Extracted records:
+===+

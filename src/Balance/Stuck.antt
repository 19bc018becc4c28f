-- ===== src/Balance/Stuck.antt =====
-- WeightLoadBalancer.java: a call of `get` that never ends.
use mq_kafka.Prelude.{
  ℕ, zero, suc, ◌+◌, ◌%◌, ◌<◌, ◌≡◌, refl, ◌∙◌, inl, inr, false, Bool-cases, none, List, [], ◌∷◌,
  length, ◌==◌, leb, arith, All,
}
use mq_kafka.Balance.{
  Balancer, Gcd, again, look, get_elem?, get_loop, get, pass, lower, target_gcd, gcd_from,
  remove_target, reload_weight_params,
}
use mq_kafka.Balance.Shares.{get-many}

-- All weights are 0 and so is their divisor, but the weight of the round is not.
record IsStuck (b : Balancer) : Type 0 where
  no_weight : All (λ e. e.1 ≡ 0) b.targets
  total : b.total_target ≡ length b.targets
  place : b.current_index < b.total_target
  divisor : b.gcd_weight ≡ 0
  left : 0 < b.current_weight

look-none :
    (n : ℕ) (ts : List (ℕ × ℕ)) (b : Balancer)
    → All (λ e. e.1 ≡ 0) ts
    → n < length ts
    → 0 < b.current_weight
    → look (get_elem? n ts) b ≡ (again, b)
look-none n [] b a l p = absurd (omega arith)
look-none zero ((t, w) ∷ ts) b a l p =
    let low : leb b.current_weight w ≡ false = ground (arith, a.0) in rw low refl
look-none (suc n) ((t, w) ∷ ts) b a l p = look-none n ts b a.1 (omega arith) p

pass-IsStuck : (b : Balancer) → IsStuck b → (c : Balancer) × (pass b ≡ (again, c)) × IsStuck c
unfolding pass
pass-IsStuck b s =
    let i = (b.current_index + 1) % b.total_target in
    let moved = record b { current_index = i } in
    let lo : lower b ≡ b.current_weight = ground (arith, s.left, s.divisor) in
    let inside : i < b.total_target = ground (arith, s.place) in
    let on = look-none i b.targets moved s.no_weight (omega (arith, s.total)) s.left in
    (
      moved,
      elim (Bool-cases (i == 0)) [
        | inl wraps ↦
            let some_left : (b.current_weight == 0) ≡ false = ground (arith, s.left) in
            rw (wraps, lo, some_left) on
        | inr inner ↦ rw inner on
      ],
      record {
        no_weight = s.no_weight;
        total = s.total;
        place = inside;
        divisor = s.divisor;
        left = s.left;
      },
    )

get_loop-IsStuck : (fuel : ℕ) (b : Balancer) → IsStuck b → get_loop fuel b ≡ none
unfolding get_loop
get_loop-IsStuck zero b s = refl
get_loop-IsStuck (suc fuel) b s =
    let next = pass-IsStuck b s in rw next.1 (get_loop-IsStuck fuel next.0 next.2)

gcd_from-zero : (math : Gcd) (ts : List (ℕ × ℕ)) → All (λ e. e.1 ≡ 0) ts → gcd_from math 0 0 ts ≡ 0
unfolding gcd_from
gcd_from-zero math [] a = refl
gcd_from-zero math ((t, w) ∷ ts) a = rw (a.0, math.gcd_zero) (gcd_from-zero math ts a.1)

target_gcd-zero : (math : Gcd) (ts : List (ℕ × ℕ)) → All (λ e. e.1 ≡ 0) ts → target_gcd math ts ≡ 0
unfolding target_gcd
target_gcd-zero math [] a = refl
target_gcd-zero math ((t, w) ∷ ts) a = rw a.0 (gcd_from-zero math ts a.1)

-- If the targets that a removal leaves are more than one and all have the weight 0, and the last
-- choice was made at a weight above 0, then the next call of `get` never ends: it keeps that
-- weight.
pub remove_target-get :
    (math : Gcd) (x : ℕ) (b : Balancer)
    → 0 < b.current_weight
    → 1 < length (remove_target math x b).targets
    → All (λ e. e.1 ≡ 0) (remove_target math x b).targets
    → (fuel : ℕ) → get fuel (remove_target math x b) ≡ none
unfolding remove_target reload_weight_params
remove_target-get math x b p m a fuel =
    let after = remove_target math x b in
    get-many fuel after m
    ∙ get_loop-IsStuck fuel after (record {
      no_weight = a;
      total = refl;
      place = omega (arith, m);
      divisor = target_gcd-zero math after.targets a;
      left = p;
    })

+===+

Exercise directions: All lines from the one with "get_loop-IsStuck fuel after" through the end of the records need to be copied exactly, and no other lines.

Solution to the problem:
    ∙ get_loop-IsStuck fuel after (record {
      no_weight = a;
      total = refl;
      place = omega (arith, m);
      divisor = target_gcd-zero math after.targets a;
      left = p;
    })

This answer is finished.